To slander and impose sanctions on Cuba is not only unfair and cowardly but ridiculous. Thanks to the great and selfless human capital it has created, which they lack, Cuba does not need the aid of the European Union to survive, develop and achieve what they will never achieve. The European Union should temper its arrogance and prepotency.

For decades, our people have confronted powers much greater than those possessed by the European Union; new forces are emerging everywhere, with tremendous vigor. The peoples are tired of guardians, interference and plunder, imposed through mechanisms that benefit the most developed and wealthy at the cost of the growing poverty and ruin of others. Some of these peoples are already advancing with unrestrainable force, and others will join them. Among them there are giants awakening. The future belongs to these peoples.

In the name of 50 years of resistance and relentless struggle in the face of a force many times greater than theirs, and of the social and human achievements attained by Cuba without any help whatsoever from the countries of the European Union, I invite them to reflect calmly on their errors, and to avoid being carried away by outbursts of anger or Euro-narcissistic inebriation.
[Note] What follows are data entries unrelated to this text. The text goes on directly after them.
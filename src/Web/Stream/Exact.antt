-- ===== src/Web/Stream/Exact.antt =====
-- internal/web/server.go: `streamChunked` sends all that it was asked for, where no call fails.
use logfalcon.Prelude.{
  ℕ, zero, suc, ◌+◌, ◌-◌, ◌≤◌, ◌<◌, ◌≡◌, refl, sym, true, false, Option, none, some, List, [], ◌∷◌,
  ◌++◌, min, arith, ◌==◌, ==_iff, on_if, length, take, drop, All, length-take, length-drop,
}
use logfalcon.Web.Stream.{
  file_chunk_size, ReadAnswer, read_fails, at_most_suc, Transfer, read_bytes, rest_of, write_bytes,
  after_read, stream_read, stream_loop, stream_chunked,
}
use logfalcon.Web.Stream.Complete.{read_bytes_next, sent_before, write_bytes_unread}
use mathlib.Core.List.{append-nil}

-- Reads and writes without an error.
abbrev pub IsSmoothRead : ReadAnswer → Type 0
IsSmoothRead read_fails = ⊥
IsSmoothRead (at_most_suc n) = Unit {0}

abbrev pub IsSmooth : Transfer → Type 0
IsSmooth t = All IsSmoothRead t.reads × All (λ w. w ≡ none) t.writes

smooth_rest : (reads : List ReadAnswer) → All IsSmoothRead reads → All IsSmoothRead (rest_of reads)
unfolding rest_of
smooth_rest [] h = tt
smooth_rest (r ∷ rs) h = h.1

-- Without an error a `Read` of a file that is not at its end returns something.
smooth_read :
    (reads : List ReadAnswer) (n : ℕ) (l : List ℕ)
    → All IsSmoothRead reads
    → 0 < n
    → 0 < length l
    → 0 < length (read_bytes reads n l)
unfolding read_bytes
smooth_read [] n l h p q = omega (arith, length-take n l)
smooth_read (read_fails ∷ rest) n l h p q = absurd h.0
smooth_read (at_most_suc k ∷ rest) n l h p q = omega (arith, length-take (min (suc k) n) l)

smooth_write :
    (writes : List (Option ℕ)) (bytes : List ℕ) (t : Transfer)
    → All (λ w. w ≡ none) writes
    → t.writes ≡ writes
    → ((write_bytes writes bytes t).0 ≡ true)
      × (All (λ w. w ≡ none) (write_bytes writes bytes t).1.writes
          × ((write_bytes writes bytes t).1.reads ≡ t.reads))
unfolding write_bytes
smooth_write [] bytes t h e = (refl, (rw e tt, refl))
smooth_write (none ∷ rest) bytes t h e = (refl, (h.1, refl))
smooth_write (some n ∷ rest) bytes t h e = cc h.0

-- The loop is through, and has sent `limit` bytes.
abbrev pub Sends : ℕ → Transfer → Option Transfer → Type 0
Sends limit t r = (t' : Transfer) × ((r ≡ some t') × (t'.sent ≡ t.sent ++ take limit t.unread))

round_Sends :
    (fuel limit : ℕ) (bytes : List ℕ) (t : Transfer)
    → take (length bytes) t.unread ≡ bytes
    → length bytes ≤ limit
    → 0 < length bytes
    → limit < suc fuel
    → limit ≤ length t.unread
    → IsSmooth t
    → ((n : ℕ) (u : Transfer)
        → n < fuel
        → n ≤ length u.unread
        → IsSmooth u
        → Sends n u (stream_loop fuel n u))
    → Sends limit t (
        stream_read bytes (after_read bytes t) (write_bytes t.writes bytes (after_read bytes t)) (
          stream_loop fuel
            (limit - length bytes)
            ((write_bytes t.writes bytes (after_read bytes t)).1)))
unfolding stream_read
round_Sends fuel limit [] t e h p lt enough smooth again = elim p [ ]
round_Sends fuel limit (b ∷ bytes) t e h p lt enough smooth again =
    let read = after_read (b ∷ bytes) t in
    let w = write_bytes t.writes (b ∷ bytes) read in
    let (good, (writes, reads)) = smooth_write t.writes (b ∷ bytes) read smooth.1 refl in
    let unread : w.1.unread ≡ drop (length (b ∷ bytes)) t.unread =
      write_bytes_unread t.writes (b ∷ bytes) read in
    let left : limit - length (b ∷ bytes) ≤ length w.1.unread =
      rw unread (omega (arith, enough, length-drop (length (b ∷ bytes)) t.unread)) in
    let (t', (q, s)) =
      again (limit - length (b ∷ bytes)) w.1 (omega (arith, lt, h)) left
        (rw reads (smooth_rest t.reads smooth.0), writes) in
    let whole : length (b ∷ bytes) + (limit - length (b ∷ bytes)) ≡ limit = omega (arith, h) in
    let sent = sent_before (limit - length (b ∷ bytes)) (b ∷ bytes) t t' e good s in
    rw good (t', (q, rw whole at sent))

nonzero : (n : ℕ) → (n == 0) ≡ false → 0 < n
nonzero n h = ground arith

stream_loop-Sends :
    (fuel limit : ℕ) (t : Transfer)
    → limit < fuel
    → limit ≤ length t.unread
    → IsSmooth t
    → Sends limit t (stream_loop fuel limit t)
unfolding stream_loop
stream_loop-Sends zero limit t lt enough smooth = elim lt [ ]
stream_loop-Sends (suc fuel) limit t lt enough smooth =
    let (e, h) = read_bytes_next t.reads (min file_chunk_size limit) t.unread in
    on_if (Sends limit t) (limit == 0) _ _
      (λ z.
        let zero_limit = (==_iff limit 0).0 z in
        (t, (refl, rw zero_limit (sym (append-nil t.sent)))))
      (λ z.
        let positive = nonzero limit z in
        round_Sends fuel limit _ t e (omega (arith, h))
          (smooth_read t.reads (min file_chunk_size limit) t.unread smooth.0
            (omega (arith, positive)) (omega (arith, positive, enough)))
          lt enough smooth (stream_loop-Sends fuel))

-- `streamChunked` sends the next `limit` bytes of the file, no more and no less, where the file has as
-- many, no call fails, and however short its reads are.
pub stream_chunked-Sends :
    (limit : ℕ) (t : Transfer)
    → limit ≤ length t.unread
    → IsSmooth t
    → Sends limit t (stream_chunked limit t)
unfolding stream_chunked
stream_chunked-Sends limit t enough smooth =
    stream_loop-Sends (suc limit) limit t (omega arith) enough smooth
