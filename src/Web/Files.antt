-- ===== src/Web/Files.antt =====
-- internal/web/server.go: `sendFile`, its ranges included. The pages of errors are not modelled, and of the
-- headers only the length and the range.
pub mod Range
pub mod Slice
use logfalcon.Prelude.{
  ℕ, ◌+◌, ◌-◌, Bool, true, false, ◌||◌, not, Option, none, some, List, [], ◌∷◌, ◌==◌, leb,
  if◌then◌else◌, bytes_eq, length, drop,
}
use logfalcon.Prelude.Ints.{ℤ, pos, negsuc, int_leb, int_ltb, pred_int}
use logfalcon.Web.Text.{has_prefix, cut, parse_int}
use logfalcon.Web.Stream.{ReadAnswer, Transfer, stream_chunked}

-- A file as `sendFile` meets it: whether `Stat`, `Open` and `Seek` succeed, its ETag, its bytes, and the
-- answers to the reads and writes to come.
pub record Served : Type 0 where
  pub stat_good : Bool
  pub open_good : Bool
  pub seek_good : Bool
  pub etag : List ℕ
  pub bytes : List ℕ
  pub reads : List ReadAnswer
  pub writes : List (Option ℕ)

-- The header Content-Range: `bytes */size`, or `bytes start-end/size`.
pub data ContentRange : Type 0 where
  unsatisfied : ℕ → ContentRange
  satisfied : ℤ → ℤ → ℕ → ContentRange

-- The body of a response; `streamed` holds what `streamChunked` did.
pub data Body : Type 0 where
  empty page : Body
  streamed : Option Transfer → Body

pub record Reply : Type 0 where
  pub status : ℕ
  pub content_length : Option ℤ
  pub content_range : Option ContentRange
  pub body : Body

-- What a Range header asks for: `whole` where it is not one that the function reads.
pub data Asked : Type 0 where
  whole refused : Asked
  from_to : ℤ → ℤ → Asked

abbrev pub bytes_unit : List ℕ
bytes_unit = b'b' ∷ b'y' ∷ b't' ∷ b'e' ∷ b's' ∷ b'=' ∷ []

-- The number before the dash, and the one behind it.
unfoldable pub first_byte : List ℕ → Option ℤ
unfolding parse_int
first_byte [] = some (pos 0)
first_byte (c ∷ s) = parse_int (c ∷ s)

unfoldable pub last_byte : ℕ → List ℕ → Option ℤ
unfolding parse_int pred_int
last_byte size [] = some (pred_int size)
last_byte size (c ∷ s) = parse_int (c ∷ s)

-- `if end >= size { end = size - 1 }`
unfoldable pub clamped : ℕ → ℤ → ℤ
unfolding int_leb pred_int
clamped size end = if int_leb (pos size) end then pred_int size else end

unfoldable pub in_size : ℕ → ℤ → ℤ → Asked
unfolding int_leb int_ltb
in_size size start end =
    if int_ltb end start || int_leb (pos size) start then refused else from_to start end

unfoldable pub both_bytes : ℕ → Option ℤ → Option ℤ → Asked
unfolding clamped in_size
both_bytes size none end = refused
both_bytes size (some start) none = refused
both_bytes size (some start) (some end) = in_size size start (clamped size end)

unfoldable pub asked_spec : ℕ → Option (List ℕ × List ℕ) → Asked
unfolding first_byte last_byte both_bytes
asked_spec size none = whole
asked_spec size (some (before, after)) = both_bytes size (first_byte before) (last_byte size after)

unfoldable pub asked : ℕ → List ℕ → Asked
unfolding has_prefix cut asked_spec
asked size range_header =
    if has_prefix range_header bytes_unit
    then asked_spec size (cut b'-' (drop 6 range_header))
    else whole

-- `m - n`
unfoldable pub minus : ℕ → ℕ → ℤ
minus m n = if leb n m then pos (m - n) else negsuc (n - m - 1)

-- `end - start + 1`
unfoldable pub range_length : ℤ → ℤ → ℤ
unfolding minus
range_length (pos s) (pos e) = minus (e + 1) s
range_length (pos s) (negsuc e) = minus 0 (s + e)
range_length (negsuc s) (pos e) = pos (s + e + 2)
range_length (negsuc s) (negsuc e) = minus (s + 1) e

-- The file opened and positioned; a position below 0 is an error of `Seek`.
abbrev pub opened : Served → ℕ → Transfer
opened f offset = record {
  unread = drop offset f.bytes;
  sent = [];
  reads = f.reads;
  writes = f.writes;
}

unfoldable pub stream_from : Served → ℤ → ℤ → Body
unfolding stream_chunked
stream_from f (pos offset) (pos n) =
    if f.seek_good then streamed (stream_chunked n (opened f offset)) else empty
stream_from f (pos offset) (negsuc n) = empty
stream_from f (negsuc offset) n = empty

unfoldable pub reply_asked : Served → Asked → Reply
unfolding range_length stream_from
reply_asked f whole = record {
  status = 200;
  content_length = some (pos (length f.bytes));
  content_range = none;
  body = streamed (stream_chunked (length f.bytes) (opened f 0));
}
reply_asked f refused = record {
  status = 416;
  content_length = none;
  content_range = some (unsatisfied (length f.bytes));
  body = empty;
}
reply_asked f (from_to start end) = record {
  status = 206;
  content_length = some (range_length start end);
  content_range = some (satisfied start end (length f.bytes));
  body = stream_from f start (range_length start end);
}

abbrev pub bodiless : ℕ → Body → Reply
bodiless status body = record {
  status = status;
  content_length = none;
  content_range = none;
  body = body;
}

-- `sendFile`
unfoldable pub send_file : Served → (if_none_match range_header : List ℕ) → Reply
unfolding asked reply_asked
send_file f if_none_match range_header =
    if not f.stat_good
    then bodiless 404 page
    else if bytes_eq if_none_match f.etag
    then bodiless 304 empty
    else if not f.open_good
    then bodiless 500 page
    else reply_asked f (asked (length f.bytes) range_header)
Neither Europe nor the United States will have the last word on the future of Humanity!

I could repeat here something similar to what I said in the spurious court where I was tried and sentenced for the struggle we initiated five decades ago today, but this time it will not be me who says it; it will be declared and foretold by a people that has carried out a profound, transcendental and historic Revolution, and has succeeded in defending it:

Condemn me. It does not matter. The peoples will have the last word! Eternal glory to those who have fallen during 50 years of struggle! Eternal glory to the people that turned its dreams into a reality! Venceremos!

Speech commemorating the 50th anniversary of the attack on the Moncada and Carlos Manuel de Cespedes garrisons, held in Santiago de Cuba, July 26, 2003.